Summer Rain
Thunder crashes and I count the seconds until the lighting explodes into the dark sky in a display of white light. I can no longer see the raindrops on the window as night has engulfed the sun with its black storm filled presence.
Watching the rain beat its hypnotic dance against the windows and the trails forming patterns sooths me. When I could no longer see the light disappointment arrives in its place.
I sit in the same spot everyday and when the day starts grey and ominous I am filled with contentment. It’s much more exciting when it rains. The spring blooms the garden in a sea of colour but the raindrops are serene and allow my imagination to rekindle as I see pictures in their watery path.
The day he left it was sunny and the sky sparkled so bright that I saw him for the last time through the shield of my dark lenses. Summer is my least favourite season now.
“I’ll write every day,” he promised.
I laughed gaily, frivolously. “You needn’t do it every day, darling,” I teased, caressing the short hair at the nape of his neck.
The goodbye kiss seems far too short now but perhaps my memory fails me. Too many bittersweet summers have passed. What has remained vivid in my aging mind is his handsome ruggedness in his officer’s uniform. His black hair shone in the hot sun the day the war took my Edmund away.
“Mrs Weatherdale, dinner is served in the green room. Mr Weatherdale asked me to fetch you.” The young housekeeper spoke timidly as though she was waiting for a reprisal. Some days there was. She obviously drew the shortest straw or lost rock paper scissors to receive the arduous job of fetching me.
“Will you push me? I’m far too tired today.”
The young girl stands behind the manual wheelchair that had become my permanent home a few years ago when a stroke disabled my legs. Both the doctors and Henry urged me to replace it with an electronic modern chair but what would a woman my age need with such technology and convenience. Besides I never travelled far and barely left the confines of the house. An occasional visit to the garden was usually taken with my oldest loyal worker, Mrs Brown.
Henry sits in his usual spot at the head of the table. His silver hair still flecked with the smallest traces of pepper. He may be well into his seventies but he is still the attractive man I married. The sound of raucous banter and stomping feet fills the room and my heart as our seven grandchildren pile into the room followed closely by their parents, one daughter and one son. My breath still catches when I see my Edward, so much like his father.

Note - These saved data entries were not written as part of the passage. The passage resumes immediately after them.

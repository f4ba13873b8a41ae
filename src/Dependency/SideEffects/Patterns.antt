-- ===== src/Dependency/SideEffects/Patterns.antt =====
-- What a pattern of calls matches.
use Prim.Native.Char.{Char}
use Prim.Native.String
use text.Mathlib.TextLemmas.{nil-append, cons-append, length-cons, length-append}
use go_arch_guard.Prelude.{
  String, true, false, ◌==◌, ◌^^◌, ◌≡◌, ◌↔◌, ◌⊎◌, inl, inr, refl, sym, subst, ap, ◌∙◌, has_prefix,
  cut_prefix, cut_prefix-append, eq-append_of_cut_prefix, arith, eq_iff, Bool-cases, Option-cases,
}
use go_arch_guard.Core.Paths.{has_suffix, trim_suffix}
use go_arch_guard.Dependency.SideEffects.{match_call_pattern}

has_prefix_iff : (s p : String) → (has_prefix s p ≡ true) ↔ ((r : String) × (s ≡ p ^^ r))
unfolding has_prefix
has_prefix_iff s p = (
  λ h. elim (Option-cases (cut_prefix p s)) [
    | inl e ↦ absurd (ground (arith, e))
    | inr (r, e) ↦ (r, eq-append_of_cut_prefix p s r e)
  ],
  λ (r, e). subst (λ x. has_prefix x p ≡ true) (sym e) (ground (arith, cut_prefix-append p r)),
)

-- A text ends in a star exactly where it is another text and a star.
star-append : (s : String) → has_suffix s "*" ≡ true → s ≡ trim_suffix s "*" ^^ "*"
unfolding has_suffix trim_suffix
star-append String.[] h = absurd (cc h)
star-append (String.◌∷◌ c s) h = elim (Bool-cases (String.◌∷◌ c s == "*")) [
  | inl e ↦ rw e ((eq_iff (String.◌∷◌ c s) "*").0 e ∙ sym (nil-append "*"))
  | inr e ↦
      let more : has_suffix s "*" ≡ true = ground (arith, h, e) in
      rw e (
        ap (λ x. String.◌∷◌ c x) (star-append s more) ∙ sym (cons-append c (trim_suffix s "*") "*"))
]

longer : (c : Char) (p : String) → (String.◌∷◌ c (p ^^ "*") == "*") ≡ false
longer c p = elim (Bool-cases (String.◌∷◌ c (p ^^ "*") == "*")) [
  | inl e ↦ absurd (
      omega (
        arith,
        ap String.count ((eq_iff (String.◌∷◌ c (p ^^ "*")) "*").0 e),
        length-cons c (p ^^ "*"),
        length-append p "*",
        length-cons "*" "",
      ))
  | inr e ↦ e
]

has_suffix-star : (p : String) → has_suffix (p ^^ "*") "*" ≡ true
unfolding has_suffix
has_suffix-star String.[] = refl
has_suffix-star (String.◌∷◌ c p) =
    ap (λ x. has_suffix x "*") (cons-append c p "*") ∙ rw (longer c p) (has_suffix-star p)

trim_suffix-star : (p : String) → trim_suffix (p ^^ "*") "*" ≡ p
unfolding trim_suffix
trim_suffix-star String.[] = refl
trim_suffix-star (String.◌∷◌ c p) =
    ap (λ x. trim_suffix x "*") (cons-append c p "*")
    ∙ rw (longer c p) (ap (λ x. String.◌∷◌ c x) (trim_suffix-star p))

-- the call itself, or a beginning of it and a star
abbrev pub Matches : String → String → Type 0
Matches pattern call_id =
    (pattern ≡ call_id) ⊎ ((p : String) × (r : String) × (pattern ≡ p ^^ "*") × (call_id ≡ p ^^ r))

match-star :
    (p call_id : String)
    → (match_call_pattern (p ^^ "*") call_id ≡ true) ↔ ((r : String) × (call_id ≡ p ^^ r))
unfolding match_call_pattern
match-star p call_id = rw (has_suffix-star p) (rw (trim_suffix-star p) (has_prefix_iff call_id p))

match-plain :
    (pattern call_id : String)
    → has_suffix pattern "*" ≡ false
    → (match_call_pattern pattern call_id ≡ true) ↔ (pattern ≡ call_id)
unfolding match_call_pattern
match-plain pattern call_id h = rw h (eq_iff pattern call_id)

-- A pattern matches exactly the calls that it is, or whose beginning it is before a star at its end.
pub match_call_pattern_iff :
    (pattern call_id : String)
    → (match_call_pattern pattern call_id ≡ true) ↔ Matches pattern call_id
match_call_pattern_iff pattern call_id = elim (Bool-cases (has_suffix pattern "*")) [
  | inl star ↦
      let p = trim_suffix pattern "*" in
      let e = star-append pattern star in
      (
        λ h.
            let (r, k) =
              (match-star p call_id).0 (subst (λ x. match_call_pattern x call_id ≡ true) e h) in
            inr (p, r, e, k),
        λ m. elim m [
          | inl same ↦
              subst (λ x. match_call_pattern x call_id ≡ true) (sym e)
                ((match-star p call_id).1 ("*", sym same ∙ e))
          | inr (q, r, f, k) ↦
              subst (λ x. match_call_pattern x call_id ≡ true) (sym f)
                ((match-star q call_id).1 (r, k))
        ],
      )
  | inr plain ↦ (
    λ h. inl ((match-plain pattern call_id plain).0 h),
    λ m. elim m [
      | inl same ↦ (match-plain pattern call_id plain).1 same
      | inr (q, r, f, k) ↦
          subst (λ x. match_call_pattern x call_id ≡ true) (sym f) ((match-star q call_id).1 (r, k))
    ],
  )
]
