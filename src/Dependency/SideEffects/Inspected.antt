-- ===== src/Dependency/SideEffects/Inspected.antt =====
-- Which packages the rule looks into, and when it knows the module.
use go_arch_guard.Prelude.{
  String, Bool, true, false, ◌==◌, ◌^^◌, ◌++◌, Option, none, some, List, [], ◌∷◌, ◌≡◌, ◌≢◌, ◌↔◌,
  ◌⊎◌, inl, inr, refl, sym, ap, subst, ◌||◌, In, has_prefix, has_prefix_iff, cut_prefix,
  cut_prefix-append, eq-append_of_cut_prefix, arith, eq_iff, Map,
}
use go_arch_guard.Prelude.Order.{str_lt}
use go_arch_guard.Prelude.Sort.{In-sort_iff}
use go_arch_guard.Prelude.Search.{any_iff}
use go_arch_guard.Prelude.Split.{split_slash}
use go_arch_guard.Core.Violation.{Format}
use go_arch_guard.Core.Architecture.{Architecture}
use go_arch_guard.Core.Context.{Package}
use go_arch_guard.Analysis.Packages.{project_relative_package_path}
use go_arch_guard.Dependency.Options.{RuleConfig}
use go_arch_guard.Dependency.SideEffects.{
  restricted_layers, inspected_layers, matches_path_prefix, matches_layer, root_or_internal,
  below_domain, is_layer_path, is_inspected_layer_package, validate_side_effect_module,
}

-- the layer is configured, or is one that the architecture restricts, or one of the usual four
abbrev pub IsInspected : RuleConfig → Architecture → String → Type 0
IsInspected cfg arch layer =
    ((cfg.inspected_layers ≢ []) × In layer cfg.inspected_layers)
    ⊎ ((cfg.inspected_layers ≡ [])
        × (((arch.layers.pkg_restricted ≢ []) × In (layer, true) arch.layers.pkg_restricted)
            ⊎ ((arch.layers.pkg_restricted ≡ [])
                × ((layer ≡ "core/model")
                    ⊎ (layer ≡ "entity")
                    ⊎ (layer ≡ "domain")
                    ⊎ (layer ≡ "event")))))

restricted_layers_iff :
    (m : Map Bool) (layer : String) → In layer (restricted_layers m) ↔ In (layer, true) m
unfolding restricted_layers
restricted_layers_iff [] layer = (λ h. h, λ h. h)
restricted_layers_iff ((l, true) ∷ m) layer =
    let (down, up) = restricted_layers_iff m layer in
    (
      λ h. elim h [ inl e ↦ inl (ap (λ k. (k, true)) e) | inr k ↦ inr (down k) ],
      λ h. elim h [ inl e ↦ inl (ap (λ k. k.0) e) | inr k ↦ inr (up k) ],
    )
restricted_layers_iff ((l, false) ∷ m) layer =
    let (down, up) = restricted_layers_iff m layer in
    (λ h. inr (down h), λ h. elim h [ inl e ↦ absurd (cc (ap (λ k. k.1) e)) | inr k ↦ up k ])

pub inspected_layers_iff :
    (cfg : RuleConfig) (arch : Architecture) (layer : String)
    → In layer (inspected_layers cfg arch) ↔ IsInspected cfg arch layer
unfolding inspected_layers
inspected_layers_iff cfg arch layer = ground (
  arith,
  In-sort_iff str_lt layer (restricted_layers arch.layers.pkg_restricted),
  restricted_layers_iff arch.layers.pkg_restricted layer,
)

matches_path_prefix_iff :
    (parts want : List String)
    → (matches_path_prefix parts want ≡ true) ↔ ((rest : List String) × (parts ≡ want ++ rest))
unfolding matches_path_prefix
matches_path_prefix_iff parts [] = (λ h. (parts, refl), λ h. refl)
matches_path_prefix_iff [] (w ∷ want) = (λ h. absurd (cc h), λ (r, e). absurd (cc e))
matches_path_prefix_iff (p ∷ parts) (w ∷ want) =
    let (down, up) = matches_path_prefix_iff parts want in
    (
      λ h. let (rest, e) = down (ground arith) in (rest, ground (arith, eq_iff p w, e)),
      λ (rest, e). ground (arith, eq_iff p w, up (rest, ground (arith, e)), e),
    )

-- The path `after`, below the root, is in the layer, of some domain where domains have a directory.
abbrev pub LiesIn : String → String → String → Type 0
LiesIn domain_dir layer after =
    ((domain_dir ≡ "") × ((rest : List String) × (split_slash after ≡ split_slash layer ++ rest)))
    ⊎ ((domain_dir ≢ "")
        × ((domain : String) × (rest : List String) × (split_slash after
              ≡ domain_dir ∷ domain ∷ (split_slash layer ++ rest))))

below_domain_iff :
    (parts : List String) (domain_dir : String) (want : List String)
    → (below_domain parts domain_dir want ≡ true)
      ↔ ((domain : String) × (rest : List String) × (parts ≡ domain_dir ∷ domain ∷ (want ++ rest)))
below_domain_iff [] domain_dir want = (λ h. absurd (cc h), λ (n, r, e). absurd (cc e))
below_domain_iff (d ∷ []) domain_dir want = (λ h. absurd (cc h), λ (n, r, e). absurd (cc e))
below_domain_iff (d ∷ name ∷ rest) domain_dir want =
    let (down, up) = matches_path_prefix_iff rest want in
    (
      λ h. let (r, e) = down (ground arith) in (name, r, ground (arith, eq_iff d domain_dir, e)),
      λ (n, r, e). ground (arith, eq_iff d domain_dir, up (r, ground (arith, e)), e),
    )

matches_layer_iff :
    (after domain_dir layer : String)
    → (matches_layer (split_slash after) domain_dir layer ≡ true) ↔ LiesIn domain_dir layer after
unfolding matches_layer
matches_layer_iff after domain_dir layer = ground (
  arith,
  eq_iff domain_dir "",
  below_domain_iff (split_slash after) domain_dir (split_slash layer),
  matches_path_prefix_iff (split_slash after) (split_slash layer),
)

-- The package lies in an inspected layer of the project's module, below the internal root.
abbrev pub IsLookedAt : RuleConfig → Architecture → String → Package → Type 0
IsLookedAt cfg arch project_module pkg =
    let rel = project_relative_package_path pkg.pkg_path project_module in
    (project_module ≢ "")
    × (rel ≢ "")
    × (rel ≢ ".")
    × ((after : String) × (rel ≡ (root_or_internal arch.layout.internal_root ^^ "/") ^^ after)
        × ((layer : String) × IsInspected cfg arch layer
            × LiesIn arch.layout.domain_dir layer after))

some_injective : {a b : String} → some a ≡ some b → a ≡ b
some_injective e = cc e

cut_prefix_iff : (p s r : String) → (cut_prefix p s ≡ some r) ↔ (s ≡ p ^^ r)
cut_prefix_iff p s r = (eq-append_of_cut_prefix p s r, λ e. rw e (cut_prefix-append p r))

module _ (cfg : RuleConfig) (arch : Architecture) where
  is_layer_path_iff :
      (o : Option String)
      → (is_layer_path (inspected_layers cfg arch) arch.layout.domain_dir o ≡ true) ↔ (
          (after : String) × (o ≡ some after)
          × ((layer : String) × IsInspected cfg arch layer
              × LiesIn arch.layout.domain_dir layer after))
  is_layer_path_iff none = (λ h. absurd (cc h), λ (after, e, found). absurd (cc e))
  is_layer_path_iff (some after) =
      let dir = arch.layout.domain_dir in
      let search =
        any_iff (λ layer. matches_layer (split_slash after) dir layer)
          (inspected_layers cfg arch) in
      (
        λ h.
            let (layer, m, k) = search.0 h in
            (
              after,
              refl,
              (
                layer,
                (inspected_layers_iff cfg arch layer).0 m,
                (matches_layer_iff after dir layer).0 k,
              ),
            ),
        λ (a, e, found). search.1 (
          found.0,
          (inspected_layers_iff cfg arch found.0).1 found.1,
          (matches_layer_iff after dir found.0).1
              (subst (LiesIn dir found.0) (some_injective (sym e)) found.2),
        ),
      )

  pub is_inspected_layer_package_iff :
      (pkg : Package) (project_module : String)
      → (is_inspected_layer_package pkg project_module arch.layout (inspected_layers cfg arch)
          ≡ true)
        ↔ IsLookedAt cfg arch project_module pkg
  unfolding is_inspected_layer_package
  is_inspected_layer_package_iff pkg project_module =
      let rel = project_relative_package_path pkg.pkg_path project_module in
      let prefix = root_or_internal arch.layout.internal_root ^^ "/" in
      let (down, up) = is_layer_path_iff (cut_prefix prefix rel) in
      (
        λ h.
            let (after, e, found) = down (ground (arith, h)) in
            (
              ground (arith, h, eq_iff project_module ""),
              ground (arith, h, eq_iff rel ""),
              ground (arith, h, eq_iff rel "."),
              (after, eq-append_of_cut_prefix prefix rel after e, found),
            ),
        λ (a, b, c, d).
            let path = up (d.0, (cut_prefix_iff prefix rel d.0).1 d.1, d.2) in
            ground (arith, a, b, c, eq_iff project_module "", eq_iff rel "", eq_iff rel ".", path),
      )

-- The module has a name, and some package of the project is it or lies below it.
abbrev pub IsModuleKnown : List Package → String → Type 0
IsModuleKnown pkgs project_module =
    (project_module ≢ "")
    × ((pkg : Package) × In pkg pkgs
        × ((pkg.pkg_path ≡ project_module)
            ⊎ ((r : String) × (pkg.pkg_path ≡ (project_module ^^ "/") ^^ r))))

pub validate_side_effect_module-nil_iff :
    (fmt : Format) (pkgs : List Package) (project_module : String)
    → (validate_side_effect_module fmt pkgs project_module ≡ []) ↔ IsModuleKnown pkgs project_module
unfolding validate_side_effect_module
validate_side_effect_module-nil_iff fmt pkgs m =
    let belongs = λ (pkg : Package). pkg.pkg_path == m || has_prefix pkg.pkg_path (m ^^ "/") in
    let (down, up) = any_iff belongs pkgs in
    (
      λ h.
          let (pkg, at, k) = down (ground (arith, h)) in
          (
            ground (arith, h, eq_iff m ""),
            (
              pkg,
              at,
              ground (arith, k, eq_iff pkg.pkg_path m, has_prefix_iff pkg.pkg_path (m ^^ "/")),
            ),
          ),
      λ (ne, found).
          let k : belongs found.0 ≡ true = ground (
            arith,
            found.2,
            eq_iff found.0.pkg_path m,
            has_prefix_iff found.0.pkg_path (m ^^ "/"),
          ) in
          let some_belongs = up (found.0, found.1, k) in
          ground (arith, ne, eq_iff m "", some_belongs),
    )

The day Edmund was lost to me I nursed the son sitting across from me now. It was summer again and news always seemed to be gloomy when all should be bright. Henry and I mourned together, me for a husband, him for a friend. It was his kindness and support which enticed me to accept his proposal
I smile at Henry across the table. A good husband and father to both my child and ours, I have been blessed to live the last forty odd years with such a kind and generous man. Our love is a comforting companionable kind. My passion died the day my Edmund walked into the sunshine.
For the second day in a row I can enjoy the summer rain fading the sun and the memories. Lately the images are lucid and I ponder after all these years why they haunt me more now. I watch the rain for endless minutes, hours until the sun decides to push through and dries the puddles on the paths. The children burst outside, happy to be away from their unwanted prison during summer holidays.
The shooting pain I’m so accustomed to stabs at the back of my eyes and it hurts to stare out the window as the raindrops dry on the glass in front of me. I blink once, twice, cursing as I see a soldier walking up the path towards the window. I gasp when he stops on the grass and waves to me. Edmund. Why does my old mind have to make him so stark, so real? Why did the rain have to stop? He beckons me with his hand, urging me to join him outside. I shake my head once at the impossibility of the suggestion.
“Time to come to me, Lizzy,” he says from the garden and it’s as though he stands beside me.
I believe I have lost the last of my sanity. Edmund is a hallucination or I have dropped off again.
“Close your eyes, darling, let yourself go. I’ve been waiting for you.”
I don’t want to close my eyes for to do so would mean he would disappear yet his soothing words lull my lids down. A brief flick open of them shows he still waits so I close my eyes and allow my body to relax.
When I open my eyes again I’m standing, walking towards the garden and Edmund. I catch my reflection in the large hall mirror and I’m young again, blonde, beautiful and I cannot help but grin. I rush from the house and run to the open arms of my handsome Edmund.
“I’ve been waiting a long time for you,” he whispers. He takes my hand and we stroll towards the light.